Source records:
━━━━

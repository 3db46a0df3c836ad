-- ===== src/Nvme/Cache/Stocked.antt =====
-- A new cache can load each expert of the store.
use vllm_exl.Prelude.{
  ℕ, ◌+◌, ◌%◌, ◌≤◌, ◌<◌, ◌≡◌, refl, sym, ◌==◌, Bool, true, false, ◌||◌, Option, some, List, [], ◌∷◌,
  ◌⊎◌, ok, arith, Bool-cases, inl, inr, All, map, le→leb, leb, length, ap, suc,
}
use vllm_exl.Prelude.Keys.{member, or-true, or-skip, distinct-member}
use vllm_exl.Nvme.Regions.Defs.{
  Block, Regions, align, aligned, init, first_fit, granted, allocate, pair_leb, insert_sorted, sort,
}
use vllm_exl.Nvme.Cache.Defs.{
  Key, Entry, Cache, region_at, set_region, Attempt, attempt_in, make_room, load,
}
use vllm_exl.Nvme.Cache.Opening.{
  HostMemory, Records, Quotas, layers_of, subset, largest, check_largest, open_regions,
  not_partition, open_cache,
}
use vllm_exl.Nvme.Cache.Partition.{
  Fits, largest-Fits, check_largest-Below, round_ok, open_cache-ran,
}

-- a record of the store
abbrev pub Stored : Key → ℕ → Records → Type 0
Stored k bytes [] = ⊥
Stored k bytes ((j, n) ∷ records) = ((j ≡ k) × (n ≡ bytes)) ⊎ Stored k bytes records

aligned_fits : (n size : ℕ) → size % align ≡ 0 → n ≤ size → aligned n ≤ size
unfolding aligned
aligned_fits n size whole h = omega arith

-- an arena of `size` bytes that is new grants a request of at most `size` bytes
free_grants :
    (base size bytes : ℕ) (r : Regions)
    → init size base ≡ ok r
    → 0 < bytes
    → bytes ≤ size
    → (r' : Regions) × (allocate bytes r ≡ ok (some base, r'))
unfolding init allocate granted first_fit
free_grants base size bytes r made pos fits =
    let new : record { free = (base, size) ∷ []; allocated = [] } ≡ r = ground arith in
    let whole : size % align ≡ 0 = ground arith in
    let room : leb (aligned bytes) size ≡ true = le→leb _ _ (aligned_fits bytes size whole fits) in
    let asks : (bytes == 0) ≡ false = ground arith in rw (sym new, asks, room) (_, refl)

Stored-Fits :
    (k : Key) (bytes size : ℕ) (records : Records)
    → All (Fits k.0 size) records
    → Stored k bytes records
    → bytes ≤ size
Stored-Fits k bytes size [] fits h = elim h [ ]
Stored-Fits k bytes size ((j, n) ∷ records) fits (inl (same, eq)) =
    rw (sym eq) (fits.0 (ap (λ x. x.0) same))
Stored-Fits k bytes size ((j, n) ∷ records) fits (inr later) =
    Stored-Fits k bytes size records fits.1 later

Stored-member :
    (k : Key) (bytes : ℕ) (records : Records)
    → Stored k bytes records
    → member k.0 (map (λ r. r.0.0) records) ≡ true
unfolding member
Stored-member k bytes [] h = elim h [ ]
Stored-member k bytes ((j, n) ∷ records) (inl (same, eq)) =
    let here : j.0 ≡ k.0 = ap (λ x. x.0) same in or-true (k.0 == j.0) _ (ground arith)
Stored-member k bytes ((j, n) ∷ records) (inr later) =
    or-skip (k.0 == j.0) _ (Stored-member k bytes records later)

subset-member :
    (k : ℕ) (is js : List ℕ) → subset is js ≡ true → member k is ≡ true → member k js ≡ true
unfolding member subset
subset-member k [] js s h = absurd (ground arith)
subset-member k (i ∷ is) js s h = elim (Bool-cases (k == i)) [
  | inl t ↦ let same : k ≡ i = ground arith in rw same (ground arith)
  | inr f ↦ subset-member k is js (ground arith) (ground arith)
]

member-insert_sorted :
    (k : ℕ) (q : Block) (qs : Quotas)
    → (k == q.0 || member k (map (λ q. q.0) qs)) ≡ true
    → member k (map (λ q. q.0) (insert_sorted q qs)) ≡ true
unfolding member insert_sorted
member-insert_sorted k q [] h = h
member-insert_sorted k q (p ∷ qs) h = elim (Bool-cases (pair_leb q p)) [
  | inl t ↦ rw t h
  | inr f ↦ rw f (elim (Bool-cases (k == p.0)) [
    | inl e ↦ or-true (k == p.0) _ e
    | inr e ↦ or-skip (k == p.0) _ (member-insert_sorted k q qs (ground arith))
  ])
]

member-sort :
    (k : ℕ) (qs : Quotas)
    → member k (map (λ q. q.0) qs) ≡ true
    → member k (map (λ q. q.0) (sort qs)) ≡ true
unfolding member sort
member-sort k [] h = h
member-sort k (q ∷ qs) h = member-insert_sorted k q (sort qs) (elim (Bool-cases (k == q.0)) [
  | inl e ↦ or-true (k == q.0) _ e
  | inr e ↦ or-skip (k == q.0) _ (member-sort k qs (ground arith))
])

-- the arena of a layer that has a quota
open_regions-region_at :
    (records : Records) (base layer : ℕ) (qs : Quotas) (rs : List (ℕ × Regions))
    → open_regions records base qs ≡ ok rs
    → member layer (map (λ q. q.0) qs) ≡ true
    → (b : ℕ) × (s : ℕ) × (r : Regions) × (region_at layer rs ≡ some r)
      × (init s b ≡ ok r)
      × (check_largest s (largest layer records) ≡ ok tt)
unfolding open_regions member
open_regions-region_at records base layer [] rs h m = absurd (ground arith)
open_regions-region_at records base layer ((l, size) ∷ qs) rs h m =
    let (r, rest, made, fits, opened, same) =
      round_ok l (init size base) (check_largest size (largest l records))
        (open_regions records (base + size) qs) rs h in
    rw (sym same) (elim (Bool-cases (layer == l)) [
      | inl t ↦
          let here : layer ≡ l = ground arith in (base, size, r, rw t refl, made, rw here fits)
      | inr f ↦
          rw f (open_regions-region_at records (base + size) layer qs rest opened (ground arith))
    ])

-- the first attempt of a load is granted
module _ (k : Key) (bytes : ℕ) (c : Cache) (r r' : Regions) (o : ℕ)
    (at : region_at k.0 c.regions ≡ some r) (given : allocate bytes r ≡ ok (some o, r')) where
  room : Cache
  room = record c { regions = set_region k.0 r' c.regions }

  attempt_lem : attempt_in bytes (region_at k.0 c.regions) ≡ Attempt.granted o r'
  attempt_lem = rw at (rw given refl)

  make_room_lem : (n : ℕ) → make_room (suc n) k.0 bytes c ≡ some (ok o, room)
  unfolding make_room room
  make_room_lem n = rw (make_room, attempt_lem) refl

  load-fits :
      (e : Entry) × (c' : Cache) × (load true (ok tt) k bytes c ≡ some (ok e, c'))
      × (e.key ≡ k)
      × (e.size ≡ bytes)
  unfolding load
  load-fits = rw (load, make_room_lem (length c.entries)) (_, _, refl, refl, refl)

chosen_all :
    (capacity : ℕ) (layers : List ℕ) (qs : Quotas)
    → not_partition capacity layers qs ≡ false
    → subset layers (map (λ q. q.0) qs) ≡ true
chosen_all capacity layers qs h = ground arith

-- Each expert of the store, of at least one byte, can be loaded into a new cache: where the guard on
-- the host's memory passes and the copy of its bytes succeeds, a first load returns an entry of its
-- key and its size.
pub open_cache-loads :
    (m : HostMemory) (records : Records) (capacity : ℕ) (layer_quotas : Option Quotas) (reserve : ℕ)
    (c : Cache) (k : Key) (bytes : ℕ)
    → open_cache m records capacity layer_quotas reserve ≡ ok c
    → Stored k bytes records
    → 0 < bytes
    → (e : Entry) × (c' : Cache) × (load true (ok tt) k bytes c ≡ some (ok e, c'))
      × (e.key ≡ k)
      × (e.size ≡ bytes)
unfolding member
open_cache-loads m records capacity layer_quotas reserve c k bytes h stored pos =
    let (room, (qs, chosen, partition, (rs, opened, new))) =
      open_cache-ran m records capacity layer_quotas reserve c h in
    let all = chosen_all capacity (layers_of records) qs partition in
    let in_layers = distinct-member k.0 [] _ (Stored-member k bytes records stored) in
    let quota = member-sort k.0 qs (subset-member k.0 (layers_of records) _ all (seen in_layers)) in
    let (b, s, r, at, made, checked) =
      open_regions-region_at records 0 k.0 (sort qs) rs opened quota in
    let below = check_largest-Below s (largest k.0 records) tt checked in
    let fits = Stored-Fits k bytes s records (largest-Fits k.0 s records below) stored in
    let (r', given) = free_grants b s bytes r made pos fits in
    load-fits k bytes c r r' b (rw (sym new) at) given
  where
    seen : {b : Bool} → (member k.0 [] || b) ≡ true → b ≡ true
    seen h = h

━━━━

• Task statement
Across all lines above, count those with the string "List". Only the number is wanted.

• Response for this exercise
4